Es fundam​ental recuperar el control de rutinas y tratamientos para atenderlas de la mejor manera




La obesidad y el sobrepeso son problemáticas que se potencian en tiempos como el que estamos viviendo, donde la incertidumbre, el aislamiento y un marcado sedentarismo se conjugan para atentar contra nuestro bienestar psicofísico. Está claro que estas enfermedades crónicas no se toman vacaciones y, tras más de 7 meses de confinamiento, es fundamental recuperar el control de rutinas y tratamientos para atenderlas de la mejor manera. Afortunadamente, la ciencia, la tecnología y la reapertura de espacios al aire libre marcan el camino para cuidarnos más que nunca.
 
Es importante que cada uno pueda conocer en mayor detalle el funcionamiento de su organismo, así como las necesidades nutricionales, emocionales y físicas que moldean su desarrollo. Reconocer las propias barreras para adoptar hábitos saludables puede ser un primer paso para forjar nuevas dinámicas con una mirada integral y gradual, considerando tanto las necesidades fisiológicas como el manejo de la frustración y la motivación para lograr la constancia necesaria, respetando los cuatro pilares fundamentales de cualquier tratamiento: la alimentación, el ejercicio, las emociones y el tratamiento médico.

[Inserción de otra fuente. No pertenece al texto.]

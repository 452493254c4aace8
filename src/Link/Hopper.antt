-- ===== src/Link/Hopper.antt =====
-- src/Services/Link/LoLaLinkTimedHopper.h and src/Services/Link/LoLaLinkChannelManager.h, which it
-- drives with LOLA_LINK_USE_FREQUENCY_HOP.
pub mod Period
use lo_la.Prelude.{
  ℕ, ◌+◌, ◌-◌, ◌*◌, ◌/◌, ◌%◌, Bool, true, false, not, ◌&&◌, if◌then◌else◌, List, u8,
}
use lo_la.Crypto.Library.{CryptoLibrary}
use lo_la.Crypto.Encoder.{Encoder, set_token}
use lo_la.Crypto.Token.{TokenSource, set_totp_period, get_seed, get_token}
use lo_la.Driver.Clock.{Clock, get_sync_micros}
use lo_la.Services.Task.{TaskCall, run_asap, run_delayed}

-- LOLA_LINK_SERVICE_LINKED_TIMED_HOP_PERIOD_MILLIS
abbrev pub hop_period : ℕ
hop_period = 10000

-- The argument of the driver's SetChannel in ResetChannel and SetNextHop, for the radio's first and
-- last channel, both of a byte.
unfoldable pub reset_channel : (channel_min channel_max : ℕ) → ℕ
reset_channel channel_min channel_max = (channel_min + channel_max) / 2

unfoldable pub set_next_hop : (channel_min channel_max hop_index : ℕ) → ℕ
set_next_hop channel_min channel_max hop_index =
    u8 (hop_index % (channel_max + 1 - channel_min) + channel_min)

unfoldable pub get_sync_millis : ℕ → Clock → ℕ
get_sync_millis micros clock = get_sync_micros micros clock / 1000

unfoldable pub setup : TokenSource → TokenSource
setup crypto_seed = set_totp_period hop_period crypto_seed

-- OnLinkEstablished of a hopper that was set up: the encoder is given the seed, as
-- LOLA_LINK_USE_TOKEN_HOP is off, and the task runs soon.
unfoldable pub on_link_established : CryptoLibrary → TokenSource → Encoder → Encoder × TaskCall
on_link_established lib crypto_seed encoder =
    (set_token lib (get_seed crypto_seed) encoder, run_asap)

-- Callback: the token of SetCurrent, and the delay until the next one. The two reads of the clock
-- are at `micros` and `micros'`.
unfoldable pub callback : (micros micros' : ℕ) → TokenSource → Clock → ℕ × ℕ
unfolding get_sync_millis
callback micros micros' crypto_seed clock = (
  get_token (get_sync_millis micros clock) crypto_seed,
  hop_period - get_sync_millis micros' clock % hop_period,
)
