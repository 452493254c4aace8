-- ===== src/Link/Service/Session.antt =====
-- ClearSession, SetLinkingState and UpdateLinkState of src/Services/Link/LoLaLinkService.h.
use lo_la.Prelude.{ℕ, Bool, true, false, if◌then◌else◌, none, some, ◌==◌}
use lo_la.Crypto.Encoder
use lo_la.Crypto.KeyExchange.{clear_partner}
use lo_la.Crypto.Token.{set_seed}
use lo_la.Driver.State.{reset_statistics}
use lo_la.Driver.Power.{on_start, set_channel, set_transmit_power}
use lo_la.Services.Manager.{notify_services_link_updated}
use lo_la.Services.Task.{run_asap}
use lo_la.Services.Send.{schedule}
use lo_la.Link.Power.{power_max, set_max_power}
use lo_la.Link.Hopper.{reset_channel}
use lo_la.Link.ClockSync.{ClockSyncer, stamp_synced}
use lo_la.Link.Info.{
  LinkInfo, LinkState, disabled, setup, awaiting_link, awaiting_sleeping, linking, linked,
  update_state, stamp_link_started,
}
use lo_la.Link.Info
use lo_la.Link.Service.{
  Platform, Moment, LinkClient, Link, on_client, with_driver, reset_state_start_time,
  reset_last_sent_time_stamp,
}

-- The virtual methods of housekeeping: Reset of the syncer and of the transaction that the
-- constructor of host or remote sets, and OnClearSession.
pub record Housekeeping (P : Type 0) : Type 0 where
  pub reset_syncer : Moment → ClockSyncer → ClockSyncer
  pub reset_transaction : P → P
  pub on_clear_session : P → P

-- The number of a LinkStateEnum.
abbrev pub code : LinkState → ℕ
code disabled = 0
code setup = 1
code awaiting_link = 2
code awaiting_sleeping = 3
code linking = 4
code linked = 5

module _ {B S P : Type 0} where
  -- A call on the syncer, which works on the driver's clock.
  abbrev pub on_syncer : (ClockSyncer → ClockSyncer) → LinkClient B S P → LinkClient B S P
  on_syncer f c =
      let s = f (record (c.syncer) { synced_clock = some c.node.driver.clock }) in
      with_driver
        (λ d. record d { clock = elim s.synced_clock [ none ↦ d.clock | some clock ↦ clock ] })
        (record c { syncer = s })

  unfoldable pub set_linking_state : ℕ → Link B S P → Link B S P
  unfolding reset_last_sent_time_stamp
  set_linking_state linking_state s =
      schedule run_asap
        (on_client (λ c. reset_last_sent_time_stamp (record c { linking_state = linking_state })) s)

  module _ (p : Platform B S) (k : Housekeeping P) (m : Moment) where
    unfoldable pub clear_session : LinkClient B S P → LinkClient B S P
    clear_session c =
        let synced = on_syncer (k.reset_syncer m) (record c { report_pending = false }) in
        let (info, driver) = Info.reset p.rssi_ring synced.info synced.node.driver in
        record synced {
          info = info;
          node = record (c.node) {
            driver = record driver { encoder = Encoder.clear driver.encoder };
          };
          crypto_seed = set_seed 0 synced.crypto_seed;
          exchanger = clear_partner synced.exchanger;
          info_sync_stage = 0;
          part = k.on_clear_session (k.reset_transaction synced.part);
        }

    unfoldable pub tune_to_reset_channel : LinkClient B S P → LinkClient B S P
    tune_to_reset_channel c =
        with_driver (set_channel (reset_channel p.channel_min p.channel_max)) c

    unfoldable pub start_driver : LinkClient B S P → LinkClient B S P
    start_driver c = with_driver (on_start m.rtc_time) c

    -- SetMaxPower of the balancer, and the driver's SetTransmitPower that it calls.
    unfoldable pub transmit_at_max_power : LinkClient B S P → LinkClient B S P
    transmit_at_max_power c =
        with_driver (set_transmit_power p.map_range power_max)
          (record c { balancer = set_max_power c.balancer })

    unfoldable pub notify : Bool → LinkClient B S P → LinkClient B S P
    notify connected c = record c { node = notify_services_link_updated connected p.manager c.node }

    -- What a change of state does in the state that it leaves.
    unfoldable pub leave : LinkState → LinkClient B S P → LinkClient B S P
    leave linked c = notify false (start_driver (tune_to_reset_channel (clear_session c)))
    leave _ c = c

    unfoldable pub enter_awaiting_link : Link B S P → Link B S P
    enter_awaiting_link s = schedule run_asap (
        on_client (λ c. tune_to_reset_channel (transmit_at_max_power c))
          (set_linking_state 0 (on_client clear_session s)))

    module _ (on_link_state_changed : LinkState → Link B S P → Link B S P) where
      -- UpdateLinkState, with what its `switch` does for the new state.
      unfoldable pub change_state : (Link B S P → Link B S P) → LinkState → Link B S P → Link B S P
      unfolding reset_state_start_time reset_last_sent_time_stamp update_state
      change_state enter new_state s =
          if code s.client.info.link_state == code new_state
          then s
          else on_client (λ c. record c { info = update_state new_state c.info })
              (on_link_state_changed new_state (
                enter (
                  on_client
                    (λ c.
                      leave c.info.link_state
                        (reset_last_sent_time_stamp (reset_state_start_time m.millis c)))
                    s)))

      -- The encoder's SetEnabled has answered. The recursive call cannot recur again.
      enter_linking_from : Bool → Link B S P → Link B S P
      enter_linking_from true s = schedule run_asap s
      enter_linking_from false s = change_state enter_awaiting_link awaiting_link s

      unfoldable pub enter_linking : Link B S P → Link B S P
      unfolding enter_linking_from
      enter_linking s =
          let started = set_linking_state 0 s in
          let encoder = started.client.node.driver.encoder in
          let (enabled, ok) = Encoder.set_enabled encoder in
          enter_linking_from ok (
            on_client
              (λ c.
                with_driver (λ d. record d { encoder = enabled })
                  (record c { crypto_seed = set_seed encoder.token_seed c.crypto_seed }))
              started)

      -- StampLinkStarted, StampSynced, ResetStatistics, and the services are told.
      unfoldable pub enter_linked : Link B S P → Link B S P
      unfolding stamp_link_started
      enter_linked s = schedule run_asap (
          on_client
            (λ c.
              let (info, driver) = stamp_link_started c.info c.node.driver in
              notify true (
                with_driver reset_statistics (
                  on_syncer (stamp_synced m.millis)
                    (record c { info = info; node = record (c.node) { driver = driver } }))))
            s)

      unfoldable pub enter_disabled : Link B S P → Link B S P
      enter_disabled s =
          on_client
            (λ c.
              let (info, driver) = Info.reset p.rssi_ring c.info c.node.driver in
              record c { info = info; node = record (c.node) { driver = driver } })
            s

      unfoldable pub enter : LinkState → Link B S P → Link B S P
      enter setup s = schedule run_asap (
          on_client (λ c. start_driver (tune_to_reset_channel (clear_session c)))
            (set_linking_state 0 (on_client start_driver s)))
      enter awaiting_link s = enter_awaiting_link s
      enter awaiting_sleeping s =
          on_client (λ c. start_driver (tune_to_reset_channel c))
            (set_linking_state 0 (on_client clear_session s))
      enter linking s = enter_linking s
      enter linked s = enter_linked s
      enter disabled s = enter_disabled s

      unfoldable pub update_link_state : LinkState → Link B S P → Link B S P
      update_link_state new_state s = change_state (enter new_state) new_state s
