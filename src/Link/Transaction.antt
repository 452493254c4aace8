-- ===== src/Link/Transaction.antt =====
-- src/Services/Link/ClockSyncTransaction.h. Its response transaction keeps what it is given.
use lo_la.Prelude.{ℕ, Bool, true, false, ◌&&◌, if◌then◌else◌, ltb, ◌==◌, u8, sub32, ◌≡◌, ◌↔◌, arith}

-- ClockSyncRequestTransaction: its stages are 0, Requested and ResultIn.
pub data RequestStage : Type 0 where
  clear requested result_in : RequestStage

pub record RequestTransaction : Type 0 where
  pub stage : RequestStage
  pub id : ℕ
  pub last_requested : ℕ
  pub result : ℕ

abbrev pub new_request : RequestTransaction
new_request = record { stage = clear; id = 0; last_requested = 0; result = 0 }

abbrev is_requested_stage : RequestStage → Bool
is_requested_stage requested = true
is_requested_stage _ = false

abbrev is_result_in : RequestStage → Bool
is_result_in result_in = true
is_result_in _ = false

unfoldable pub is_requested : RequestTransaction → Bool
is_requested t = is_requested_stage t.stage

unfoldable pub is_result_waiting : RequestTransaction → Bool
is_result_waiting t = is_result_in t.stage

-- `random(0, UINT8_MAX)` is the argument `drawn`.
unfoldable pub set_requested : (millis drawn : ℕ) → RequestTransaction → RequestTransaction
set_requested millis drawn t = record t {
  stage = requested;
  id = u8 drawn;
  last_requested = millis;
}

unfoldable pub set_result :
    (request_id result_error : ℕ) → RequestTransaction → RequestTransaction × Bool
unfolding is_requested
set_result request_id result_error t =
    if is_requested t && t.id == request_id
    then (record t { result = result_error; stage = result_in }, true)
    else (t, false)

unfoldable pub is_fresh : (millis lifetime_millis : ℕ) → RequestTransaction → Bool
is_fresh millis lifetime_millis t = ltb (sub32 millis t.last_requested) lifetime_millis

abbrev pub reset : RequestTransaction → RequestTransaction
reset t = new_request

-- ClockSyncResponseTransaction
pub record ResponseTransaction : Type 0 where
  pub response_ready : Bool
  pub response_id : ℕ
  pub response_result : ℕ

unfoldable pub set_response :
    (request_id estimation_error : ℕ) → ResponseTransaction → ResponseTransaction
set_response request_id estimation_error t = record {
  response_ready = true;
  response_id = request_id;
  response_result = estimation_error;
}

-- The Reset of the base class, which keeps the result.
unfoldable pub reset_response : ResponseTransaction → ResponseTransaction
reset_response t = record t { response_ready = false; response_id = 0 }

-- After a request a result is taken exactly if it carries the drawn id; then it waits, and no second
-- result is taken for the same request.
pub result_taken_once :
    (millis drawn id error id' error' : ℕ) (t : RequestTransaction)
    → let (t', taken) = set_result id error (set_requested millis drawn t) in
      ((taken ≡ true) ↔ (id ≡ u8 drawn))
      × (is_result_waiting t' ≡ taken)
      × (taken && (set_result id' error' t').1 ≡ false)
unfolding set_result is_requested is_result_waiting set_requested
result_taken_once millis drawn id error id' error' t = ground arith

La obesidad es una enfermedad multicausal, donde se combinan factores genéticos, el estilo de vida, las emociones, el medio ambiente, el entorno y el sedentarismo, entre otros. Es necesario entender que la obesidad es una enfermedad crónica, siendo muy importante enfocar la estrategia en modificar los hábitos alimentarios y sostenerlos en el tiempo para optimizar los resultados. No hay dietas mágicas y es muy frustrante para aquel que desee bajar de peso ponerse metas imposibles. Así como describimos que las causas son múltiples, el enfoque terapéutico debe atender todas estas variables y además, establecer una continuidad en el tratamiento.

 
En el plano psicológico, muchas veces destacamos la importancia de identificar el hambre real y evitar comer sugestionados por emociones. Las ingestas que responden a la ansiedad, el aburrimiento o la tristeza, por nombrar algunos de los mayores disparadores, suelen ser desmedidas en su cantidad y calidad con gran impacto para nuestra salud. Más que nunca, comer no debería ser un refugio ni una “solución fácil” para canalizar nuestros sentimientos. Convertir esa energía en un incentivo para lograr un cambio de hábito saludable y sostenible puede ser el paso más importante.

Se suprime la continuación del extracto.